From the entries below, reproduce exactly the line containing "parent = sym", the line containing "deep-Cut n root", and every line in between, with nothing added.

+++ Dataset records

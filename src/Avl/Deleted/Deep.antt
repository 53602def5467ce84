-- ===== src/Avl/Deleted/Deep.antt =====
-- How avl_tree_delete (lib/avl.bpf.h) takes out a node whose successor lies deeper.
use ghost_userspace_o.Base.{
  ℕ, suc, ◌+◌, ◌≤◌, ◌≡◌, ◌≢◌, true, false, refl, sym, ap, subst, ◌∙◌, ◌==◌, ==_refl, count, update,
  ◌++◌, some, arith,
}
use Prim.Native.Nat.{pred}
use ghost_userspace_o.ArrList.Links.{update_miss, update_at}
use ghost_userspace_o.Avl.{Nodes}
use ghost_userspace_o.Avl.Rotate.{relink_child}
use ghost_userspace_o.Avl.Delete.{unlink_next, unlink_deep, hang_right, replace_by_next, adopt}
use ghost_userspace_o.Avl.Tree.{
  Tree, leaf, node, Place, top, left_of, right_of, inorder, height, before, after, plug, root_id,
  above_id, within, plug-within, plug_height,
}
use ghost_userspace_o.Avl.Held.{
  Kids, Up, BalAt, KidsAt, UpAt, around, once, once_self, count-node, around-right, around-left,
  Kids-frame, Bal-frame, Up-frame, Up-reparent, Up-frame, Up-reparent,
}
use ghost_userspace_o.Avl.Held.Around.{
  BalAt-frame, KidsAt-frame, UpAt-frame, Kids-unplug, Up-unplug, Kids-plug, Up-plug, Kids-root_id,
  root_id-other,
}
use ghost_userspace_o.Avl.Deleted.Replace.{replace-Spot}
use ghost_userspace_o.Avl.Deleted.Unlink.{Joint, Joined, Unlinks, replace_by_next-Joined}
use ghost_userspace_o.Avl.Deleted.Next.{Spot-seen, count-plug, around-within}
use ghost_userspace_o.Avl.Rotated.{once-ne}
use ghost_userspace_o.Avl.Spot.{Spot, Rest-trans, ==_ne}
use ghost_userspace_o.Avl.Deleted.Cuts.{Cut, Unlinks-mono, Joined-Cut}

-- A tree around a place that holds a node has a root.
root_of :
    (d : Place) (a : Tree) (x : ℕ) (b : Tree) → (w : ℕ) × (root_id (plug d (node a x b)) ≡ suc w)
root_of top a x b = (x, refl)
root_of (left_of d e r) a x b = root_of d (node a x b) e r
root_of (right_of l e d) a x b = root_of d l e (node a x b)

-- What the right subtree of e is hung to, once m has left it.
hung-Joint :
    (n : Nodes) (root : ℕ) (c : Place) (t : Tree) (e m : ℕ) (b : Tree) (w : ℕ)
    → KidsAt n.left_id n.right_id root c (suc e)
    → Kids n.left_id n.right_id (node t e b) (suc e)
    → UpAt n.parent_id c
    → Up n.parent_id (above_id c) (node t e b)
    → ((i : ℕ) → around i c + count i (inorder t) + (count i (inorder b) + once e i + once m i) ≤ 1)
    → root_id b ≡ suc w
    → Joint
        (record n {
          right_id = update n.right_id m (suc w);
          parent_id = update n.parent_id w (suc m);
        })
        root
        c
        t
        e
        m
        b
hung-Joint n root c t e m b w k (i, ka, kb) v (p, ua, ub) d h =
    let r' : ℕ → ℕ = update n.right_id m (suc w) in
    let p' : ℕ → ℕ = update n.parent_id w (suc m) in
    let one_e : once e e ≡ 1 = once_self e in
    let id = Kids-root_id n.left_id n.right_id b (n.right_id e) kb in
    let ids : ((j : ℕ)
        → around j c + count j (inorder t) + count j (inorder b) ≢ 0
        → n.right_id j ≡ r' j) =
      λ j q. sym (update_miss n.right_id m j (suc w) (once-ne m j (omega (arith, d j)))) in
    let not_w : ((j : ℕ) → around j c + count j (inorder t) + once e j ≢ 0 → w ≢ j) =
      λ j q z. root_id-other b j (omega (arith, d j)) (h ∙ ap suc z) in
    let parents : ((j : ℕ) → w ≢ j → n.parent_id j ≡ p' j) =
      λ j q. sym (update_miss n.parent_id w j (suc m) q) in
    record {
      kids_at =
          KidsAt-frame n.left_id n.right_id n.left_id r' root c (suc e)
            (λ j q. (refl, ids j (omega arith))) k;
      kids_left =
          Kids-frame n.left_id n.right_id n.left_id r' t (n.left_id e)
            (λ j q. (refl, ids j (omega arith))) ka;
      kids_right = subst (Kids n.left_id r' b) (id ∙ h ∙ sym (update_at n.right_id m (suc w))) (
          Kids-frame n.left_id n.right_id n.left_id r' b (n.right_id e)
            (λ j q. (refl, ids j (omega arith))) kb);
      up_at = UpAt-frame n.parent_id p' c (λ j q. parents j (not_w j (omega arith))) v;
      up_left = Up-frame n.parent_id p' (suc e) t (λ j q. parents j (not_w j (omega arith))) ua;
      up_right =
          Up-reparent n.parent_id p' (suc e) (suc m) b (λ j q z. parents j (λ i. z (h ∙ ap suc i)))
            (λ j q. ap p' (ap pred (sym q ∙ h)) ∙ update_at n.parent_id w (suc m))
            (λ j. omega (arith, d j)) ub;
      parent = sym (parents e (not_w e (omega arith))) ∙ p;
      distinct = d;
    }

-- The case of the next node that is deeper: its right subtree takes its place first.
pub deep-Cut :
    (n : Nodes) (root : ℕ) (c : Place) (a : Tree) (y : ℕ) (a' : Tree) (e m : ℕ) (d : Place) (x : ℕ)
    (b u : Tree)
    → Spot n root c
        (node (node a y a') e (plug (left_of d x b) (node leaf m u)))
        (height (node (node a y a') e (plug (left_of d x b) (node leaf m u))))
    → Unlinks
        (Cut n
          (before c ++ (inorder (node (node a y a') m (plug (left_of d x b) u)) ++ after c))
          (plug_height c (height (node (node a y a') e (plug (left_of d x b) (node leaf m u))))))
        (unlink_next n root e (some m))
unfolding unlink_next unlink_deep hang_right
deep-Cut n root c a y a' e m d₀ x b u s =
    let t = node a y a' in
    let d : Place = left_of d₀ x b in
    let f : Place = right_of t e c in
    let v =
      Spot-seen n root c (node t e (plug d (node leaf m u))) (within d f) (node leaf m u)
        (sym (plug-within d f (node leaf m u))) s in
    let k : Nodes = record n { balance = update n.balance m (n.balance e) } in
    let one_e : once e e ≡ 1 = once_self e in
    let one_x : once x x ≡ 1 = once_self x in
    let one_m : once m m ≡ 1 = once_self m in
    let tot : ((i : ℕ)
        → around i (within d f)
          ≡ around i d₀
            + (once x i + count i (inorder b))
            + (around i c + (once e i + count i (inorder t)))) =
      λ i. omega (arith, around-within i d f, around-left i d₀ x b, around-right i t e c) in
    let dis : ((i : ℕ) → around i (within d f) + (once m i + count i (inorder u)) ≤ 1) =
      λ i. omega (arith, v.distinct i, count-node i leaf m u) in
    let pm : n.parent_id m ≡ suc x = v.up.0 in
    let x≢e : suc x ≢ suc e = λ q. once-ne e x (omega (arith, tot x, dis x)) (omega arith) in
    let test : (n.parent_id m == suc e) ≡ false = rw (pm) (==_ne (suc x) (suc e) x≢e) in
    let left : (n.left_id x == suc m) ≡ true = rw (v.kids_at.0) (==_refl (suc m)) in
    let (i₀, z₀, ku) = v.kids in
    let (lv, z₁, bu) = v.bal in
    let (pm', z₂, uu) = v.up in
    let ru = Kids-root_id n.left_id n.right_id u (n.right_id m) ku in
    let not_m : ((i : ℕ) → around i (within d f) + count i (inorder u) ≢ 0 → m ≢ i) =
      λ i w. once-ne m i (omega (arith, dis i)) in
    let kept : ((i : ℕ) → m ≢ i → n.balance i ≡ k.balance i) =
      λ i w. sym (update_miss n.balance m i (n.balance e) w) in
    let be : k.balance m ≡ k.balance e =
      update_at n.balance m (n.balance e) ∙ kept e (once-ne m e (omega (arith, tot e, dis e))) in
    let bd : BalAt k.balance (within d f) (suc (height u)) =
      BalAt-frame n.balance k.balance (within d f) (suc (height u))
        (λ i w. kept i (not_m i (omega arith)))
        (subst (BalAt n.balance (within d f)) (omega arith) v.bal_at) in
    let bu' = Bal-frame n.balance k.balance u (λ i w. kept i (not_m i (omega arith))) bu in
    let (q, r, w) =
      replace-Spot k root m (within d f) u (suc m) (suc (height u)) v.kids_at v.up_at bd
        (subst (Kids n.left_id n.right_id u) ru ku) uu bu' (λ i. omega (arith, dis i))
        (omega (arith, dis m)) in
    let out = adopt (relink_child k root m (suc x) (root_id u)) (root_id u) (suc x) in
    let o : Nodes = out.0 in
    let R = plug d u in
    let pw = plug-within d f u in
    let (ka, kk) = Kids-unplug o.left_id o.right_id out.1 c (node t e R) (
      subst (λ z. Kids o.left_id o.right_id z out.1) pw
        (Kids-plug o.left_id o.right_id out.1 (within d f) u (root_id u) q.kids_at q.kids)) in
    let (va, vv) =
      Up-unplug o.parent_id c (node t e R)
        (subst (Up o.parent_id 0) pw (Up-plug o.parent_id (within d f) u q.up_at q.up)) in
    let (g, hg) = root_of d₀ u x b in
    let right : o.right_id e ≡ suc g =
      Kids-root_id o.left_id o.right_id R (o.right_id e) kk.2 ∙ hg in
    let o₃ : Nodes = record o {
      right_id = update o.right_id m (suc g);
      parent_id = update o.parent_id g (suc m);
    } in
    let joint =
      hung-Joint o out.1 c t e m R g ka kk va vv
        (λ i. omega (arith, tot i, dis i, count-plug i d u, around-left i d₀ x b)) hg in
    let joined = replace_by_next-Joined o₃ out.1 c a y a' e m R (suc x) true joint in
    rw (test, pm, ru, left, pm, right)
      (Unlinks-mono
        (λ n' root' x' fl. Joined o₃ (plug c (node t m R)) n' root' × (x' ≡ suc x) × (fl ≡ true))
        (Cut n (before c ++ (inorder (node t m R) ++ after c))
          (plug_height c (height (node t e (plug d (node leaf m u))))))
        (replace_by_next o₃ out.1 e m (suc x) true)
        (λ n' root' x' fl z.
          rw (z.1, z.2)
            (Joined-Cut n o₃ n' root' c t e m d u true
              (Rest-trans n k o₃ (record { keys = refl; orphan = refl; orphans = refl })
                (record { keys = r.keys; orphan = r.orphan; orphans = r.orphans }))
              z.0 (ap (λ h. h m) w ∙ be ∙ ap (λ h. h e) (sym w)) q.bal_at q.bal v.distinct refl))
        joined)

++++++

**Response area**.
      parent = sym (parents e (not_w e (omega arith))) ∙ p;
      distinct = d;
    }

-- The case of the next node that is deeper: its right subtree takes its place first.
pub deep-Cut :
    (n : Nodes) (root : ℕ) (c : Place) (a : Tree) (y : ℕ) (a' : Tree) (e m : ℕ) (d : Place) (x : ℕ)
    (b u : Tree)
    → Spot n root c
        (node (node a y a') e (plug (left_of d x b) (node leaf m u)))
        (height (node (node a y a') e (plug (left_of d x b) (node leaf m u))))
    → Unlinks
        (Cut n
          (before c ++ (inorder (node (node a y a') m (plug (left_of d x b) u)) ++ after c))
          (plug_height c (height (node (node a y a') e (plug (left_of d x b) (node leaf m u))))))
        (unlink_next n root e (some m))
unfolding unlink_next unlink_deep hang_right
deep-Cut n root c a y a' e m d₀ x b u s =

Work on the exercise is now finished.